Thursday, June 3, 2010

Color Week: Purple

Prompt: Write from the perspective of a character who can only see one color.

Source: None. Purple (found through Google):

Response: You see the sky and you see blue. You see the grass and you see green. You look at other people and you see the tone of their skin - the mixture of red and white and yellows and browns that covers the frame of their bones.

I have never seen those colors. I was taught them when I was young - shown cards in class just like other kids, but they all look the same to me. I don't know what color you would call my world, but all colors are the same to me.

I look at the sky and the grass and skin and they are all the same to me. All colors blend together - every object the same, except one.

Pansies grew outside my house when I was a child. I didn't tell about the colors - that they all looked the same, but I couldn't help being fascinated by the pansies that grew outside. They were the only thing that looked different - their velvet petals were a lovely color, so different from everything else in my world.

As most humans are captivated by the mountains, the sunset, the stars, I was mesmerized by those pansies. Because I happened not to have purple clothing and nothing else in our home was purple, I was convinced that the flowers were something magical, mystical, unique.

In my mind, the flowers were a connection to something I was not given at birth. I knew everyone else was able to see things differently from me, but I felt like the flowers were a gift.

When I went to high school though, despite the fact that I no longer strictly believed that the pansies were anything special, I lost all faith in their magic. Even though I said I didn't care, pretended I did it on purpose, I was teased that everything I wore clashed. My obsession with purple was constantly commented on.

I began to feel that the flowers - rather than being a gift - had been left - by accident or design - to torture me. Because everywhere I looked, I saw nothing. I couldn't even imagine what other people might be able to see.

When I left high school, left the town I grew up in, I moved to an apartment in the city and I filled it with purple things - flowers in the window box, pictures on the walls.

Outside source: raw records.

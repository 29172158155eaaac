-- ===== src/Clmm/Step/Laws.antt =====
-- quote/clmm.rs: theorems on the amounts between two prices and on one step.
use flow_trades_solana.Base.{
  ℕ, ◌-◌, ◌*◌, ◌/◌, ◌^◌, ◌≤◌, ◌<◌, ◌≡◌, Bool, true, false, some, u128_max, arith, inl, inr, ◌⊎◌,
  Option-cases, if◌then◌else◌, mul-le-mul_left, mul-le-mul_right,
}
use flow_trades_solana.Base.Arith.{div-mul-le, div-le_self_of_le, fee_on_top-le}
use flow_trades_solana.Clmm.Wide.{mul_div_floor, mul_div_ceil}
use flow_trades_solana.Clmm.Wide.Laws.{mul_div_floor-le, mul_div_ceil-le}
use flow_trades_solana.Clmm.Step.{fee_denominator_ppm, Moved, move, Step, charge, swap_step}
use flow_trades_solana.Clmm.Step.Deltas.{Paid}
use flow_trades_solana.Clmm.Step.Move.{move_down, move_up}

-- The input before its fee, as the step splits it off.
abbrev pub for_price : (remaining fee : ℕ) → Bool → ℕ
for_price remaining fee on =
    if on then remaining * (fee_denominator_ppm - fee) / fee_denominator_ppm else remaining

charge_bounds :
    (t remaining fee : ℕ) (on : Bool) (m : Moved) {s : Step}
    → fee < fee_denominator_ppm
    → m.amount_in ≤ for_price remaining fee on
    → charge t remaining fee on m ≡ some s
    → (s.next ≡ m.next) × (m.amount_in ≤ s.used) × (s.used ≤ remaining) × (s.got ≤ m.amount_out)
unfolding charge
charge_bounds t rem f true m hf le h =
    let u = m.amount_in in
    let k = fee_denominator_ppm - f in
    let fits : u * fee_denominator_ppm ≤ rem * k =
      omega (arith, div-mul-le (rem * k) fee_denominator_ppm) in
    let top = fee_on_top-le fee_denominator_ppm rem f u hf fits in
    let less : rem * k ≤ rem * fee_denominator_ppm = mul-le-mul_left rem (omega arith) in
    let le : u ≤ rem = omega (arith, fits, less) in
    elim (Option-cases (mul_div_ceil u f k)) [
      | inl e ↦ ground (arith, le)
      | inr (g, e) ↦ ground (arith, le, top, mul_div_ceil-le u f k e)
    ]
charge_bounds t rem f false m hf le h = ground arith

Paid-weaken :
    (down : Bool) (l lo hi : ℕ) {x o y q : ℕ}
    → x ≤ y
    → q ≤ o
    → Paid down l lo hi x o
    → Paid down l lo hi y q
Paid-weaken true l lo hi {x} {o} {y} {q} xy qo p =
    let i : l * (hi - lo) * 2 ^ 64 ≤ y * (lo * hi) =
      omega (arith, p.input, mul-le-mul_right (lo * hi) xy) in
    let j : q * 2 ^ 64 ≤ l * (hi - lo) = omega (arith, p.output) in record { input = i; output = j }
Paid-weaken false l lo hi {x} {o} {y} {q} xy qo p =
    let i : l * (hi - lo) ≤ y * 2 ^ 64 = omega (arith, p.input) in
    let j : q * (lo * hi) ≤ l * (hi - lo) * 2 ^ 64 =
      omega (arith, p.output, mul-le-mul_right (lo * hi) qo) in
    record { input = i; output = j }

-- A step from the price `p` towards `t`: it ends between the two, uses no more than the input that
-- remains, its whole input pays for the move of the price, and the output is paid for by that move.
pub record Steps (down : Bool) (p t l remaining : ℕ) (s : Step) : Type 0 where
  pub side : if down then (t ≤ s.next) × (s.next ≤ p) else (p ≤ s.next) × (s.next ≤ t)
  pub within : s.used ≤ remaining
  pub paid : if down then Paid true l s.next p s.used s.got else Paid false l p s.next s.used s.got

step_input :
    (remaining fee : ℕ) (on : Bool) {x : ℕ}
    → (if on
        then mul_div_floor remaining (fee_denominator_ppm - fee) fee_denominator_ppm
        else some remaining)
      ≡ some x
    → x ≤ for_price remaining fee on
step_input rem f true h = (mul_div_floor-le rem (fee_denominator_ppm - f) fee_denominator_ppm h).1
step_input rem f false h = ground arith

for_price-le : (remaining fee : ℕ) (on : Bool) → for_price remaining fee on ≤ remaining
for_price-le rem f true =
    let less : rem * (fee_denominator_ppm - f) ≤ rem * fee_denominator_ppm =
      mul-le-mul_left rem (omega arith) in
    div-le_self_of_le rem (rem * (fee_denominator_ppm - f)) fee_denominator_ppm (omega arith) less
for_price-le rem f false = omega arith

swap_step_down :
    (p t l remaining fee : ℕ) (on : Bool) {s : Step}
    → t ≤ p
    → p ≤ u128_max
    → l ≤ u128_max
    → remaining ≤ u128_max
    → fee < fee_denominator_ppm
    → swap_step p t l remaining fee true on ≡ some s
    → Steps true p t l remaining s
unfolding swap_step
swap_step_down p t l rem f on {s = s} le pb lb rb hf h =
    let given =
      if on then mul_div_floor rem (fee_denominator_ppm - f) fee_denominator_ppm else some rem in
    elim (Option-cases given) [
      | inl e ↦ ground arith
      | inr (x, e) ↦ elim (Option-cases (move p t l x true)) [
        | inl e1 ↦ ground arith
        | inr (m, e1) ↦
            let few = step_input rem f on e in
            let xb : x ≤ u128_max = omega (arith, few, for_price-le rem f on) in
            let r = move_down p t l x le pb lb xb e1 in
            let done : charge t rem f on m ≡ some s = ground arith in
            let stays : t ≤ m.next = ground arith in
            let within = r.within in
            let (same, more, fits, less) =
              charge_bounds t rem f on m hf (omega (arith, few, within)) done in
            let side : (t ≤ s.next) × (s.next ≤ p) = rw same (stays, r.side) in
            let paid : Paid true l s.next p s.used s.got =
              rw same (Paid-weaken true l m.next p more less r.paid) in
            record { side = side; within = fits; paid = paid }
      ]
    ]

swap_step_up :
    (p t l remaining fee : ℕ) (on : Bool) {s : Step}
    → p ≤ t
    → t ≤ u128_max
    → l ≤ u128_max
    → fee < fee_denominator_ppm
    → swap_step p t l remaining fee false on ≡ some s
    → Steps false p t l remaining s
unfolding swap_step
swap_step_up p t l rem f on {s = s} le tb lb hf h =
    let given =
      if on then mul_div_floor rem (fee_denominator_ppm - f) fee_denominator_ppm else some rem in
    elim (Option-cases given) [
      | inl e ↦ ground arith
      | inr (x, e) ↦ elim (Option-cases (move p t l x false)) [
        | inl e1 ↦ ground arith
        | inr (m, e1) ↦
            let few = step_input rem f on e in
            let r = move_up p t l x le tb lb e1 in
            let done : charge t rem f on m ≡ some s = ground arith in
            let stays : m.next ≤ t = ground arith in
            let within = r.within in
            let (same, more, fits, less) =
              charge_bounds t rem f on m hf (omega (arith, few, within)) done in
            let side : (p ≤ s.next) × (s.next ≤ t) = rw same (r.side, stays) in
            let paid : Paid false l p s.next s.used s.got =
              rw same (Paid-weaken false l p m.next more less r.paid) in
            record { side = side; within = fits; paid = paid }
      ]
    ]

-- For machine integers and a fee below the whole, a step that succeeds ends between the price it starts
-- from and its target, uses at most the input that remains, and is fair to the pool: its input pays for
-- the move of the price over the liquidity, and that move pays for the output, rounding included.
pub swap_step-Steps :
    (p t l remaining fee : ℕ) (a_to_b on : Bool) {s : Step}
    → (if a_to_b then t ≤ p else p ≤ t)
    → p ≤ u128_max
    → t ≤ u128_max
    → l ≤ u128_max
    → remaining ≤ u128_max
    → fee < fee_denominator_ppm
    → swap_step p t l remaining fee a_to_b on ≡ some s
    → Steps a_to_b p t l remaining s
swap_step-Steps p t l rem f true on le pb tb lb rb hf h =
    swap_step_down p t l rem f on le pb lb rb hf h
swap_step-Steps p t l rem f false on le pb tb lb rb hf h = swap_step_up p t l rem f on le tb lb hf h

-- A step that stops short of its target has used the whole input, so that nothing is left to walk with.
pub swap_step_short :
    (p t l remaining fee : ℕ) (a_to_b on : Bool) {s : Step}
    → swap_step p t l remaining fee a_to_b on ≡ some s
    → (s.next ≡ t) ⊎ (s.used ≡ remaining)
unfolding swap_step charge
swap_step_short p t l rem f d on h =
    let given =
      if on then mul_div_floor rem (fee_denominator_ppm - f) fee_denominator_ppm else some rem in
    elim (Option-cases given) [
      | inl e ↦ ground arith
      | inr (x, e) ↦ elim (Option-cases (move p t l x d)) [
        | inl e1 ↦ ground arith
        | inr (m, e1) ↦ ground arith
      ]
    ]
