-- ===== src/Clmm/Step/Tests.antt =====
-- quote/clmm.rs: a step that stops short of its target.
use flow_trades_solana.Base.{◌≡◌, ◌^◌, refl, some, true, arith}
use flow_trades_solana.Clmm.Wide.{mul_div_floor, mul_div_ceil, mul_div_256, wide_mul}
use flow_trades_solana.Clmm.Step.{
  Step, swap_step, move, move_short, charge, deltas_to, amount0_delta, amount1_delta,
  next_sqrt_price_from_input,
}
use flow_trades_solana.Clmm.Step.Laws.{Steps, swap_step-Steps}

abbrev stepped : Step
stepped = record { next = 18_428_361_782_831_177_517; used = 1_000_000; got = 996_505 }

swap_step_lem : swap_step (2 ^ 64) (2 ^ 63) 1_000_000_000 1_000_000 2_500 true true ≡ some stepped
unfolding swap_step charge move move_short deltas_to amount0_delta amount1_delta
    next_sqrt_price_from_input mul_div_floor mul_div_ceil mul_div_256 wide_mul
swap_step_lem = refl

swap_step-Steps_example : Steps true (2 ^ 64) (2 ^ 63) 1_000_000_000 1_000_000 stepped
swap_step-Steps_example =
    swap_step-Steps (2 ^ 64) (2 ^ 63) 1_000_000_000 1_000_000 2_500 true true (omega arith)
      (omega arith) (omega arith) (omega arith) (omega arith) (omega arith) swap_step_lem
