-- ===== src/PosixQueues.antt =====
-- SysOpy/lab6/src/zad2: server.c and client.c over POSIX message queues, whose messages are texts
-- "mode|queue|argument". A queue stands for its name; the text of a
-- date and of a number by "%f" are arguments. `none` is undefined behaviour, as is a
-- message or a line that does not fit into its 128 bytes.
pub mod Fields
pub mod Mirroring
pub mod Session
mod Tests
use semestr.Prelude.{
  ℕ, ◌+◌, Bool, true, false, not, Option, none, some, List, [], ◌∷◌, ◌++◌, length, ltb, ◌==◌,
  if◌then◌else◌, ◌>>=◌,
}
use semestr.Prelude.Int.{ℤ}
use semestr.Queues.Commands.{time_command, end_command, calc_command, mirror_command}
use semestr.CString.{Text, same_text, strtok}
use semestr.Queues.{calculate, mirror_from}

-- SERVER, "/server".
abbrev pub server_name : Text
server_name = b'/' ∷ b's' ∷ b'e' ∷ b'r' ∷ b'v' ∷ b'e' ∷ b'r' ∷ []

-- What `prepareMessage` writes.
unfoldable pub message_text : ℕ → Text → Text → Text
message_text mode name arg = (b'0' + mode) ∷ b'|' ∷ (name ++ b'|' ∷ arg)

-- Fits into MAX_MSG_LENGTH bytes with a final null.
abbrev pub fits_message : Text → Bool
fits_message text = ltb (length text) 128

-- `prepareMessage`, of the server for its own name and of the client for its queue's, into its buffer.
unfoldable pub prepare_message : ℕ → Text → Text → Option Text
unfolding message_text
prepare_message mode name arg =
    let text = message_text mode name arg in if fits_message text then some text else none

-- The queue's name in a message, with what follows the second "|".
unfoldable pub fields : Text → Option (Text × Text)
fields buffer = do (_, rest) ← strtok (b'|' ∷ []) buffer; strtok (b'|' ∷ []) rest

-- The argument in a message: for the server, and for the client that prints an answer.
unfoldable pub argument : Text → Option Text
argument buffer = do (_, rest) ← fields buffer; (arg, _) ← strtok (10 ∷ []) rest; some arg

-- The locals of the server's `receive`, with what it sent so far: queue and text.
pub record Server : Type 0 where
  pub clients : List Text
  pub sent : List (Text × Text)

-- What a round of the loop leaves.
pub data Round : Type 0 where
  continues : Server → Round
  closed exits : Round

-- `mq_send` into a client's queue.
abbrev pub send : Text → ℕ → Text → Server → Option Round
send name mode arg s = do
  message ← prepare_message mode server_name arg
  some (continues (record s { sent = s.sent ++ (name, message) ∷ [] }))

-- A round of the server's `receive`, on the text in `buffer`.
unfoldable pub handle : Text → (ℤ → ℤ → Text) → Server → Text → Option Round
unfolding prepare_message
handle now print s [] = none
handle now print s (mode ∷ rest) = do
  (name, _) ← fields (mode ∷ rest)
  let mirrored : Option Round = (do
    sentence ← argument (mode ∷ rest)
    result ← mirror_from sentence (length sentence) []
    send name 2 result s) in
      let computed : Option Round = (do
        expression ← argument (mode ∷ rest)
        (a, b) ← calculate expression
        send name 4 (print a b) s) in
      if mode == b'1'
      then send name 1 [] (record s { clients = s.clients ++ name ∷ [] })
      else if mode == b'4'
      then computed
      else if mode == b'3'
      then send name 3 now s
      else if mode == b'5'
      then some closed
      else if mode == b'2'
      then mirrored
      else some exits

-- A message with no argument.
abbrev pub without_argument : ℕ → Text → Option (Option Text)
without_argument mode name = do message ← prepare_message mode name []; some (some message)

-- The argument of a command; NULL is undefined.
abbrev pub with_argument : ℕ → Text → Text → Option (Option Text)
with_argument mode name rest = do
  (arg, _) ← strtok (10 ∷ []) rest
  message ← prepare_message mode name arg
  some (some message)

-- The body of the loop of `sendMessages`: what the client with this queue sends for a line, if
-- anything.
unfoldable pub send_message : Text → Text → Option (Option Text)
unfolding prepare_message
send_message name line =
    if not (fits_message line) then none else elim (strtok (32 ∷ 10 ∷ []) line) [
      | none ↦ some none
      | some (command, rest) ↦
          if same_text command time_command
          then without_argument 3 name
          else if same_text command end_command
          then without_argument 5 name
          else if same_text command calc_command
          then with_argument 4 name rest
          else if same_text command mirror_command
          then with_argument 2 name rest
          else some none
    ]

I painted the walls varying shades of purple and when I was home I was happy.

Leaving my apartment was like dying - like ripping myself out of a natural environment and trying to transplant myself somewhere unfit for habitation. But it wasn't until recently that I realized something - no matter how much purple I splashed on the world, I would never see what other people saw.

It wasn't until then that I realized I would never belong. Not like you. Whatever else you are, you and everybody else in this world belong here.